**EXERCISE REQUIREMENTS**
Reproduce each line from the records that holds "arith".

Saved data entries
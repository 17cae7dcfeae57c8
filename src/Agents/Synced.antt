-- ===== src/Agents/Synced.antt =====
-- What is known of the agents' sessions after tmux was asked for its sessions.
use symposium.Prelude.{
  Result, ok, err, true, keep, Elem, Elem-cons, here, there, sym, ◌↔◌, ◌⊎◌, Bool, false, Bool-cases,
  not, Option, some, none, List, [], ◌∷◌, map, ◌≡◌, refl, ap, ◌∙◌, subst, inl, inr, if◌then◌else◌,
  arith,
}
use symposium.Prelude.Text.{Text, codes, lines, starts_with, text_eq, text_eq_iff}
use symposium.Prelude.Assoc
use symposium.Prelude.Assoc.{text_key, get-remove}
use symposium.Agents.{
  AgentStatus, starting, running, crashed, stopped, AgentSession, Sessions, AgentManager, Outside,
  Output, contains, tmux_sessions, synced_status, update_status, to_remove, remove_all, synced,
  sync_with_tmux,
}

-- A session that tmux lists stays, and is running if it is not starting.
abbrev pub revived : AgentStatus → AgentStatus
revived starting = starting
revived running = running
revived crashed = running
revived stopped = running

abbrev pub kept : List Text → Option AgentSession → Option AgentSession
kept names none = none
kept names (some s) =
    if contains s.tmux_session_name names
    then some (record s { status = revived s.status })
    else none

-- Each key has one entry.
abbrev pub IsMap : Sessions → Type 0
IsMap [] = Unit
IsMap ((uuid, s) ∷ sessions) = (Assoc.get uuid sessions ≡ none) × IsMap sessions

module _ (names : List Text) where
  get-remove_all :
      (uuids : List Text) (sessions : Sessions) (uuid : Text)
      → Assoc.get uuid (remove_all uuids sessions)
        ≡ (if contains uuid uuids then none else Assoc.get uuid sessions)
  unfolding remove_all
  get-remove_all [] sessions uuid = refl
  get-remove_all (u ∷ uuids) sessions uuid =
      ground
        (arith, get-remove_all uuids (Assoc.remove u sessions) uuid, get-remove u uuid sessions)

  abbrev updated : Sessions → Sessions
  updated sessions = map (λ e. (e.0, update_status names e.1)) sessions

  abbrev updated_one : Option AgentSession → Option AgentSession
  updated_one none = none
  updated_one (some s) = some (update_status names s)

  get-updated :
      (sessions : Sessions) (uuid : Text)
      → Assoc.get uuid (updated sessions) ≡ updated_one (Assoc.get uuid sessions)
  unfolding Assoc.get
  get-updated [] uuid = refl
  get-updated ((u, s) ∷ sessions) uuid = elim (Bool-cases (text_eq u uuid)) [
    | inl t ↦ rw (t, Assoc.get) refl
    | inr f ↦ rw (f, Assoc.get) (get-updated sessions uuid)
  ]

  updated-IsMap : (sessions : Sessions) → IsMap sessions → IsMap (updated sessions)
  updated-IsMap [] h = tt
  updated-IsMap ((u, s) ∷ sessions) h =
      (get-updated sessions u ∙ ap updated_one h.0, updated-IsMap sessions h.1)

  -- Whether a session that may be there is one to remove.
  abbrev unlisted : Option AgentSession → Bool
  unlisted none = false
  unlisted (some s) = not (contains s.tmux_session_name names)

  contains-to_remove :
      (sessions : Sessions) (uuid : Text)
      → IsMap sessions
      → contains uuid (to_remove names sessions) ≡ unlisted (Assoc.get uuid sessions)
  unfolding to_remove Assoc.get
  contains-to_remove [] uuid h = refl
  contains-to_remove ((u, s) ∷ sessions) uuid h =
      let ih = contains-to_remove sessions uuid h.1 in
      elim (Bool-cases (text_eq u uuid)) [
        | inr f ↦ elim (Bool-cases (contains s.tmux_session_name names)) [
          | inl l ↦ rw (f, l) ih
          | inr l ↦ rw (f, l) (rw (f) ih)
        ]
        | inl t ↦
            let e : Assoc.get uuid sessions ≡ none =
              subst (λ k. Assoc.get k sessions ≡ none) ((text_eq_iff u uuid).0 t) h.0 in
            elim (Bool-cases (contains s.tmux_session_name names)) [
              | inl l ↦ rw (t, l) (ih ∙ ap unlisted e)
              | inr l ↦ rw (t, l) (rw (t) refl)
            ]
      ]

  -- What is left of a session when its removal is known.
  abbrev left : Option AgentSession → Bool → Option AgentSession
  left o b = if b then none else o

  left-updated :
      (o : Option AgentSession) → left (updated_one o) (unlisted (updated_one o)) ≡ kept names o
  unfolding update_status synced_status
  left-updated none = refl
  left-updated (some s) = elim (Bool-cases (contains s.tmux_session_name names)) [
    | inl l ↦ rw (l) refl
    | inr l ↦ rw (l) refl
  ]

  get-synced :
      (sessions : Sessions) (uuid : Text)
      → IsMap sessions
      → Assoc.get uuid (synced names sessions) ≡ kept names (Assoc.get uuid sessions)
  unfolding synced
  get-synced sessions uuid h =
      get-remove_all (to_remove names (updated sessions)) (updated sessions) uuid
      ∙ ap (left (Assoc.get uuid (updated sessions)))
          (contains-to_remove (updated sessions) uuid (updated-IsMap sessions h))
      ∙ ap (λ o. left o (unlisted o)) (get-updated sessions uuid)
      ∙ left-updated (Assoc.get uuid sessions)

-- tmux lists a session of this program by this name: it succeeds, and the name is a line of its
-- output that begins as the program's names do.
abbrev pub IsListed : Result Text Output → Text → Type 0
IsListed (err e) name = ⊥
IsListed (ok output) name =
    (output.success ≡ true)
    × (starts_with name (codes "symposium-agent-") ≡ true)
    × Elem name (lines output.stdout)

contains-keep :
    (p : Text → Bool) (name : Text) (names : List Text)
    → (contains name (keep p names) ≡ true) ↔ ((p name ≡ true) × Elem name names)
contains-keep p name [] = (λ h. cc, λ (h, e). elim e [ ])
contains-keep p name (n ∷ names) =
    let (to, back) = contains-keep p name names in
    elim (Bool-cases (p n)) [
      | inr f ↦
          rw (f, keep)
            (
              λ h. let (a, b) = to h in (a, there b),
              λ (a, b). elim (Elem-cons b) [ inl same ↦ cc | inr later ↦ back (a, later) ],
            )
      | inl t ↦ elim (Bool-cases (text_eq n name)) [
        | inl e ↦
            let same = (text_eq_iff n name).0 e in
            rw (t, keep, e)
              (
                λ h. (subst (λ k. p k ≡ true) same t, subst (λ k. Elem k (n ∷ names)) same here),
                λ h. refl,
              )
        | inr d ↦
            rw (t, keep, d)
              (
                λ h. let (a, b) = to h in (a, there b),
                λ (a, b). elim (Elem-cons b) [
                  | inl same ↦ let e = (text_eq_iff n name).1 (sym same) in cc
                  | inr later ↦ back (a, later)
                ],
              )
      ]
    ]

tmux_sessions-IsListed :
    (r : Result Text Output) (name : Text)
    → (contains name (tmux_sessions r) ≡ true) ↔ IsListed r name
unfolding tmux_sessions
tmux_sessions-IsListed (err e) name = (λ h. cc, λ h. absurd h)
tmux_sessions-IsListed (ok output) name = elim (Bool-cases output.success) [
  | inl t ↦
      let (to, back) =
        contains-keep (λ line. starts_with line (codes "symposium-agent-")) name
          (lines output.stdout) in
      rw (t, tmux_sessions) (λ h. let (a, b) = to h in (refl, a, b), λ (s, a, b). back (a, b))
  | inr f ↦ rw (f, tmux_sessions) (λ h. cc, λ (s, a, b). cc)
]

get-sync_with_tmux-kept :
    {W : Type 0} (outside : Outside W) (m : AgentManager) (w : W) (uuid : Text)
    → IsMap m.sessions
    → Assoc.get uuid (sync_with_tmux outside m w).1.sessions
      ≡ kept (tmux_sessions (outside.list_sessions w).0) (Assoc.get uuid m.sessions)
unfolding sync_with_tmux
get-sync_with_tmux-kept outside m w uuid h =
    get-synced (tmux_sessions (outside.list_sessions w).0) m.sessions uuid h

-- What is known of a session after a sync, by what was known of it.
abbrev pub Synced : Result Text Output → (before after : Option AgentSession) → Type 0
Synced r none after = after ≡ none
Synced r (some s) after =
    (IsListed r s.tmux_session_name × (after ≡ some (record s { status = revived s.status })))
    ⊎ ((IsListed r s.tmux_session_name → ⊥) × (after ≡ none))

Synced-kept :
    (r : Result Text Output) (before : Option AgentSession)
    → Synced r before (kept (tmux_sessions r) before)
Synced-kept r none = refl
Synced-kept r (some s) =
    let (to, back) = tmux_sessions-IsListed r s.tmux_session_name in
    elim (Bool-cases (contains s.tmux_session_name (tmux_sessions r))) [
      | inl t ↦ inl (to t, rw t refl)
      | inr f ↦ inr (λ h. let b = back h in cc, rw f refl)
    ]

-- After tmux was asked for its sessions, a manager knows exactly those of its sessions that tmux
-- lists, as they were, except that a session with the status crashed or stopped is now running. So
-- no session is known as crashed or stopped. This holds whether the result can be saved or not.
pub get-sync_with_tmux :
    {W : Type 0} (outside : Outside W) (m : AgentManager) (w : W) (uuid : Text)
    → IsMap m.sessions
    → Synced
        (outside.list_sessions w).0
        (Assoc.get uuid m.sessions)
        (Assoc.get uuid (sync_with_tmux outside m w).1.sessions)
get-sync_with_tmux outside m w uuid h =
    subst (Synced (outside.list_sessions w).0 (Assoc.get uuid m.sessions))
      (sym (get-sync_with_tmux-kept outside m w uuid h))
      (Synced-kept (outside.list_sessions w).0 (Assoc.get uuid m.sessions))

**ANSWER BOX**
  arith,
        (arith, get-remove_all uuids (Assoc.remove u sessions) uuid, get-remove u uuid sessions)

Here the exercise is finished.